4. We are not able to see any illegality or irregularity in the order of the Tribunal, as contended by the learned Senior Standing Counsel for the Revenue. As per the amended provisions of section 32(2) (of Income Tax Act, 1961), with effect from 01.04.1997, if the income from business for the assessment year is insufficient to absorb the depreciation allowance of that assessment year, the amended provision permits absorption of depreciation allowance of a business against profits and gains of any other business of the same assessment year. When the depreciation allowance of a business of the assessment year is not absorbed by any other business of the same assessment year, then the remaining unabsorbed depreciation allowance could be set off against the income under any other head, that is assessable for the same assessment year. In the event of depreciation allowance of the year is unable to be absorbed by any other business income or from income under any other head in the same assessment year, the remaining unabsorbed depreciation allowance shall be carried forward to the following year and (a) unabsorbed allowance shall be set off against the profits and gains of any business carried by a person. (b) If the unabsorbed depreciation allowance cannot be wholly set off so, it shall be allowed to be carried forward for the following eight assessment years immediately succeeding the assessment year in which it was first computed. The proviso provides that the business to which depreciation allowance is related to must be carried on in the succeeding year so as to allow such set off. Thus, by the amendment, the deeming fiction of treating the earlier years' unabsorbed depreciation as current year depreciation was removed. The period available for absorbing the unabsorbed depreciation against the profit of the succeeding years was limited to eight years. The clarification of the Finance Minister in the Parliament is also to the effect that inasmuch as the cumulated unabsorbed depreciation brought forward as on 01.04.1997 could still be set off against the taxable business profit or income under any other head for the assessment year 1997-98 and seven subsequent years vide 222 ITR (stat) 36. Circular of the Central Board of Direct Taxes No.762 dated 18.02.1998 (230 ITR (stat) 12) also clarifies the issue to the following effect :

Sub-section (2) of section 32 (of Income Tax Act, 1961), as it existed upto assessment year 1996-97, provided that the unabsorbed depreciation of a year shall be added to the amount of the allowance for depreciation of the following previous year and deemed to be part of that allowance. Therefore, the unabsorbed depreciation allowance, if any, of the assessment year 1996-97 shall be added to the amount of the allowance for depreciation of assessment year 1997-98 and deemed to be part of the allowance for this year. In other words, the unabsorbed depreciation allowance of assessment year 1996-97 shall be added to the allowance of 1997-98 and will be deemed to be the allowance of that year. The limitation of eight years shall start from the assessment year 1997-98.
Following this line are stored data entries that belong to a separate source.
-- ===== src/Net/Order.antt =====
-- `Detail::mem_compare` of net.cpp, by which IPv6 and SocketAddress are ordered.
use rs_io.Text.{Text}
use rs_io.Base.{
  [], ap, arith, if◌then◌else◌, length, ltb, min, refl, suc, sym, zero, ℕ, ◌↔◌, ◌∙◌, ◌∷◌, ◌≡◌,
}

-- -1, 0 and 1.
pub data Sign : Type 0 where
  less same greater : Sign

-- `std::memcmp` of the first `n` bytes.
unfoldable pub memcmp : ℕ → Text → Text → Sign
memcmp zero s t = same
memcmp (suc n) [] t = same
memcmp (suc n) (x ∷ s) [] = same
memcmp (suc n) (x ∷ s) (y ∷ t) =
    let rest = memcmp n s t in if ltb x y then less else if ltb y x then greater else rest

abbrev pub by_size : ℕ → ℕ → Sign → Sign
by_size m n less = less
by_size m n greater = greater
by_size m n same = if ltb m n then less else if ltb n m then greater else same

unfoldable pub mem_compare : Text → Text → Sign
mem_compare s t = by_size (length s) (length t) (memcmp (min (length s) (length t)) s t)

-- The lexicographic order: a proper prefix comes first.
abbrev pub lexicographic : Text → Text → Sign
lexicographic [] [] = same
lexicographic [] (y ∷ t) = less
lexicographic (x ∷ s) [] = greater
lexicographic (x ∷ s) (y ∷ t) =
    if ltb x y then less else if ltb y x then greater else lexicographic s t

abbrev pub opposite : Sign → Sign
opposite less = greater
opposite same = same
opposite greater = less

by_size-suc : (m n : ℕ) (r : Sign) → by_size (suc m) (suc n) r ≡ by_size m n r
by_size-suc m n less = refl
by_size-suc m n greater = refl
by_size-suc m n same = ground arith

compare-lexicographic :
    (s t : Text)
    → by_size (length s) (length t) (memcmp (min (length s) (length t)) s t) ≡ lexicographic s t
unfolding memcmp
compare-lexicographic [] [] = refl
compare-lexicographic [] (y ∷ t) = ground arith
compare-lexicographic (x ∷ s) [] = ground arith
compare-lexicographic (x ∷ s) (y ∷ t) =
    let e : min (suc (length s)) (suc (length t)) ≡ suc (min (length s) (length t)) = omega arith in
    let rest = compare-lexicographic s t in
    rw e
      (ground (arith, by_size-suc (length s) (length t) (memcmp (min (length s) (length t)) s t)))

lexicographic-same : (s t : Text) → (lexicographic s t ≡ same) ↔ (s ≡ t)
lexicographic-same s t = (forth s t, λ e. ap (λ u. lexicographic s u) (sym e) ∙ refl_same s)
  where
    forth : (s t : Text) → lexicographic s t ≡ same → s ≡ t
    forth [] [] h = refl
    forth [] (y ∷ t) h = absurd cc
    forth (x ∷ s) [] h = absurd cc
    forth (x ∷ s) (y ∷ t) h = ground (arith, forth s t)

    refl_same : (s : Text) → lexicographic s s ≡ same
    refl_same [] = refl
    refl_same (x ∷ s) = ground (arith, refl_same s)

lexicographic-opposite : (s t : Text) → lexicographic t s ≡ opposite (lexicographic s t)
lexicographic-opposite [] [] = refl
lexicographic-opposite [] (y ∷ t) = refl
lexicographic-opposite (x ∷ s) [] = refl
lexicographic-opposite (x ∷ s) (y ∷ t) = ground (arith, lexicographic-opposite s t)

-- The comparison is the lexicographic order of the bytes; it answers 0 for equal blocks alone, and
-- with the arguments exchanged it answers the opposite.
pub mem_compare-lexicographic :
    (s t : Text)
    → (mem_compare s t ≡ lexicographic s t)
      × ((mem_compare s t ≡ same) ↔ (s ≡ t))
      × (mem_compare t s ≡ opposite (mem_compare s t))
unfolding mem_compare
mem_compare-lexicographic s t =
    rw (compare-lexicographic s t, compare-lexicographic t s)
      (refl, lexicographic-same s t, lexicographic-opposite s t)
5. In view of the above position of law, we are of the view that the Tribunal has rightly come to the conclusion that the assessee is entitled to the unabsorbed depreciation brought forward as on 01.04.1997 and could be set off against the business profits and in order to give effect to that finding, the case was remitted to the file of the assessing officer for verification as to how much depreciation was available upto 01.04.1997 that could be included in the income of the assessee.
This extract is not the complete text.